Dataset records

════════════════════

-- ===== src/Pow/Multiply.antt =====
-- The products of a matrix with a hash in src/pow/heavyhash.go. The last hash of each is taken by a
-- function `finish`, of the package hashes of HTND.
use Prim.Native.Nat.{bit_or, bit_xor}
use mathlib.Core.List.{foldl}
use htn_stratum_bridge.Prelude.{
  ℕ, ◌+◌, ◌*◌, ◌/◌, ◌%◌, ◌^◌, Option, none, some, List, [], ◌∷◌, Bytes, map, if◌then◌else◌,
}
use htn_stratum_bridge.Pow.Floats.{
  FloatOps, complex_non_linear, for_complex, transform_factor, scale_down,
}

-- The nibbles of the bytes, the high one first.
unfoldable pub nibbles_of : Bytes → List ℕ
nibbles_of [] = []
nibbles_of (b ∷ bs) = b / 16 ∷ b % 16 ∷ nibbles_of bs

-- `res[i] = hashBytes[i] ^ f(product[2*i], product[2*i+1])`
unfoldable pub xor_pairs {ℓ} : {A : Type ℓ} → (A → A → ℕ) → Bytes → List A → Bytes
xor_pairs f (b ∷ bs) (x ∷ y ∷ product) = bit_xor b (f x y) ∷ xor_pairs f bs product
xor_pairs f bs product = []

-- `sum += mat[i][j] * vector[j]` in `uint16`.
unfoldable pub dot16 : List ℕ → List ℕ → ℕ → ℕ
dot16 (m ∷ row) (v ∷ vector) sum = dot16 row vector ((sum + m * v % 2 ^ 16) % 2 ^ 16)
dot16 row vector sum = sum

-- `product` of `bHeavyHash`.
unfoldable pub heavy_product : List (List ℕ) → List ℕ → List ℕ
unfolding dot16
heavy_product mat vector = map (λ row. dot16 row vector 0 / 2 ^ 10) mat

-- `byte(high<<4) | byte(low)`, of `uint16`.
abbrev pub join_nibbles : ℕ → ℕ → ℕ
join_nibbles high low = bit_or (high * 16 % 2 ^ 16 % 256) (low % 256)

-- `bHeavyHash`
unfoldable pub heavy_hash : (Bytes → Bytes) → List (List ℕ) → Bytes → Bytes
unfolding nibbles_of xor_pairs heavy_product
heavy_hash finish mat hash =
    finish (xor_pairs join_nibbles hash (heavy_product mat (nibbles_of hash)))

module _ {F : Type 0} (fl : FloatOps F) where
  -- `product[i] += ComplexNonLinear(forComplex)` along a row. Where the loop of `scale_down` does
  -- not end, neither does the product.
  unfoldable pub complex_dot : F → ℕ → List ℕ → List ℕ → F → Option F
  complex_dot limit fuel (m ∷ row) (v ∷ vector) sum =
      elim (scale_down fl limit fuel (fl.mul (fl.of_nat m) (fl.of_nat v))) [
        | none ↦ none
        | some x ↦ complex_dot limit fuel row vector (fl.add sum (complex_non_linear fl x))
      ]
  complex_dot limit fuel row vector sum = some sum

  unfoldable pub complex_product : F → ℕ → List (List ℕ) → List ℕ → Option (List F)
  complex_product limit fuel [] vector = some []
  complex_product limit fuel (row ∷ mat) vector =
      elim (complex_dot limit fuel row vector (fl.of_nat 0)) [
        | none ↦ none
        | some x ↦ elim (complex_product limit fuel mat vector) [
          | none ↦ none
          | some xs ↦ some (x ∷ xs)
        ]
      ]

  -- `(high ^ low) & 0xFF`, of the products scaled by 0.00000001 as `uint32`.
  abbrev pub combine : F → F → ℕ
  combine x y =
      let scaled = λ (v : F). fl.to_uint32 (fl.mul v (fl.decimal 1 8)) in
      bit_xor (scaled x) (scaled y) % 256

  abbrev pub hoohash : F → (Bytes → Bytes) → ℕ → List (List ℕ) → Bytes → Option Bytes
  hoohash limit finish fuel mat hash = elim (complex_product limit fuel mat (nibbles_of hash)) [
    | none ↦ none
    | some product ↦ some (finish (xor_pairs combine hash product))
  ]

  -- `HoohashMatrixMultiplicationV1`
  unfoldable pub hoohash_v1 : (Bytes → Bytes) → ℕ → List (List ℕ) → Bytes → Option Bytes
  unfolding nibbles_of xor_pairs complex_product
  hoohash_v1 = hoohash (fl.of_nat 16)

  -- `HoohashMatrixMultiplicationV101`
  unfoldable pub hoohash_v101 : (Bytes → Bytes) → ℕ → List (List ℕ) → Bytes → Option Bytes
  unfolding nibbles_of xor_pairs complex_product
  hoohash_v101 = hoohash (fl.of_nat 14)

  -- What an entry of the matrix adds to the product in `HoohashMatrixMultiplicationV110`.
  abbrev pub term_v110 : ℕ → F → F → F → F → ℕ → Option F
  term_v110 fuel hash_mod nonce_mod sw m v =
      if fl.le sw (fl.decimal 2 2)
      then (elim (for_complex fl fuel
          (fl.add (fl.mul (fl.mul m hash_mod) (fl.of_nat v)) nonce_mod)) [
            | none ↦ none
            | some x ↦ some (fl.mul (fl.mul x (fl.of_nat v)) (fl.of_nat 1234))
          ])
      else some (fl.mul (fl.mul m (fl.decimal 1 4)) (fl.of_nat v))

  -- Along a row, over `sw` and the entry of the product.
  unfoldable pub dot_v110 : ℕ → F → F → List F → List ℕ → F → F → Option (F × F)
  unfolding for_complex transform_factor
  dot_v110 fuel hash_mod nonce_mod (m ∷ row) (v ∷ vector) sw sum =
      elim (term_v110 fuel hash_mod nonce_mod sw m v) [
        | none ↦ none
        | some x ↦
            let sum' = fl.add sum x in
            dot_v110 fuel hash_mod nonce_mod row vector (transform_factor fl sum') sum'
      ]
  dot_v110 fuel hash_mod nonce_mod row vector sw sum = some (sw, sum)

  unfoldable pub product_v110 : ℕ → F → F → List (List F) → List ℕ → F → Option (List F)
  unfolding dot_v110
  product_v110 fuel hash_mod nonce_mod [] vector sw = some []
  product_v110 fuel hash_mod nonce_mod (row ∷ mat) vector sw =
      elim (dot_v110 fuel hash_mod nonce_mod row vector sw (fl.of_nat 0)) [
        | none ↦ none
        | some (sw', sum) ↦ elim (product_v110 fuel hash_mod nonce_mod mat vector sw') [
          | none ↦ none
          | some sums ↦ some (sum ∷ sums)
        ]
      ]

  -- `uint8((uint64(product[i]) + uint64(product[i+1])) & 0xFF)`
  abbrev pub scale_pair : F → F → ℕ
  scale_pair x y = (fl.to_uint64 x + fl.to_uint64 y) % 2 ^ 64 % 256

  -- `HoohashMatrixMultiplicationV110`; `words` are those of `Uint32Array`.
  unfoldable pub hoohash_v110 :
      (Bytes → List ℕ) → (Bytes → Bytes) → ℕ → List (List F) → Bytes → ℕ → Option Bytes
  unfolding nibbles_of xor_pairs product_v110
  hoohash_v110 words finish fuel mat hash nonce =
      let hash_mod = fl.of_nat (foldl bit_xor 0 (words hash)) in
      let nonce_mod = fl.of_nat (nonce % 256) in
      elim (product_v110 fuel hash_mod nonce_mod mat (nibbles_of hash) (fl.of_nat 0)) [
        | none ↦ none
        | some product ↦ some (finish (xor_pairs scale_pair hash product))
      ]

════════════════════

PROBLEM DESCRIPTION:
Once you find the line with "scale_pair x y" in the entries above, output it and each line after it up to and including the line with "let hash_mod = fl.of_nat", and nothing else.

ANSWER BELOW:
  scale_pair x y = (fl.to_uint64 x + fl.to_uint64 y) % 2 ^ 64 % 256

  -- `HoohashMatrixMultiplicationV110`; `words` are those of `Uint32Array`.
  unfoldable pub hoohash_v110 :
      (Bytes → List ℕ) → (Bytes → Bytes) → ℕ → List (List F) → Bytes → ℕ → Option Bytes
  unfolding nibbles_of xor_pairs product_v110
  hoohash_v110 words finish fuel mat hash nonce =
      let hash_mod = fl.of_nat (foldl bit_xor 0 (words hash)) in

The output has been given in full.